→ EXERCISE BRIEF:
Gather the lines below that include the string "body", copying each in full.

→ THE DATA:
BEGIN
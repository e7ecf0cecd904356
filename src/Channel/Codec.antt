-- ===== src/Channel/Codec.antt =====
-- Envelope.pack and Envelope.unpack.
use reticulum.Prelude.{
  ℕ, ◌≡◌, Bytes, length, Option, none, some, ◌∷◌, ◌++◌, true, ◌&&◌, ltb, arith, if◌then◌else◌,
}
use reticulum.Prelude.Results.{Result, ok, err}
use reticulum.Prelude.Words.{u16_bytes, u16_value, u16_value-bytes}
use reticulum.Channel.{Message, Factories, Envelope}

-- The codes of ChannelException, and the other exceptions of these methods: `struct.error`, and
-- whatever the `unpack` of a message raises.
pub data ChannelError : Type 0 where
  no_msg_type invalid_msg_type not_registered link_not_ready already_sent too_big : ChannelError
  struct_error unpack_error : ChannelError

unfoldable pub pack_message : ℕ → Message → Result ChannelError Bytes
pack_message sequence m = elim m.msgtype [
  | none ↦ err no_msg_type
  | some t ↦
      if ltb t 65536 && (ltb sequence 65536 && ltb (length m.payload) 65536)
      then ok (u16_bytes t ++ (u16_bytes sequence ++ (u16_bytes (length m.payload) ++ m.payload)))
      else err struct_error
]

-- The envelope after `pack`, or the exception.
unfoldable pub pack : Envelope → Result ChannelError Envelope
unfolding pack_message
pack e = elim e.message [
  | none ↦ err no_msg_type
  | some m ↦ elim (pack_message e.sequence m) [
    | ok raw ↦ ok (record e { raw = some raw; packed = true })
    | err x ↦ err x
  ]
]

-- The message of the class that is registered for the type; the length field is not looked at.
unfoldable pub make_message : Factories → ℕ → Bytes → Result ChannelError Message
make_message factories t body = elim (factories t) [
  | none ↦ err not_registered
  | some make ↦ elim (make body) [ none ↦ err unpack_error | some m ↦ ok m ]
]

unfoldable pub unpack : Factories → Bytes → Result ChannelError (ℕ × Message)
unfolding make_message
unpack factories (t1 ∷ t0 ∷ s1 ∷ s0 ∷ l1 ∷ l0 ∷ body) =
    elim (make_message factories (u16_value t1 t0) body) [
      | ok m ↦ ok (u16_value s1 s0, m)
      | err x ↦ err x
    ]
unpack factories _ = err struct_error

packed_bytes :
    (sequence t : ℕ) (m : Message) {raw : Bytes}
    → m.msgtype ≡ some t
    → pack_message sequence m ≡ ok raw
    → u16_bytes t ++ (u16_bytes sequence ++ (u16_bytes (length m.payload) ++ m.payload)) ≡ raw
unfolding pack_message
packed_bytes sequence t m et h = ground arith

-- What one end packs the other unpacks: the sequence number, and the message that the registered
-- class reads from the same payload.
pub unpack-pack_message :
    (factories : Factories) (sequence t : ℕ) (m m' : Message) (make : Bytes → Option Message)
    {raw : Bytes}
    → m.msgtype ≡ some t
    → factories t ≡ some make
    → make m.payload ≡ some m'
    → pack_message sequence m ≡ ok raw
    → unpack factories raw ≡ ok (sequence, m')
unfolding pack_message unpack make_message
unpack-pack_message factories sequence t m m' make et ef em h =
    rw (← packed_bytes sequence t m et h)
      (ground (arith, u16_value-bytes t, u16_value-bytes sequence))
END
→ ANSWER BOX:
make_message factories t body = elim (factories t) [
  | some make ↦ elim (make body) [ none ↦ err unpack_error | some m ↦ ok m ]
unpack factories (t1 ∷ t0 ∷ s1 ∷ s0 ∷ l1 ∷ l0 ∷ body) =
    elim (make_message factories (u16_value t1 t0) body) [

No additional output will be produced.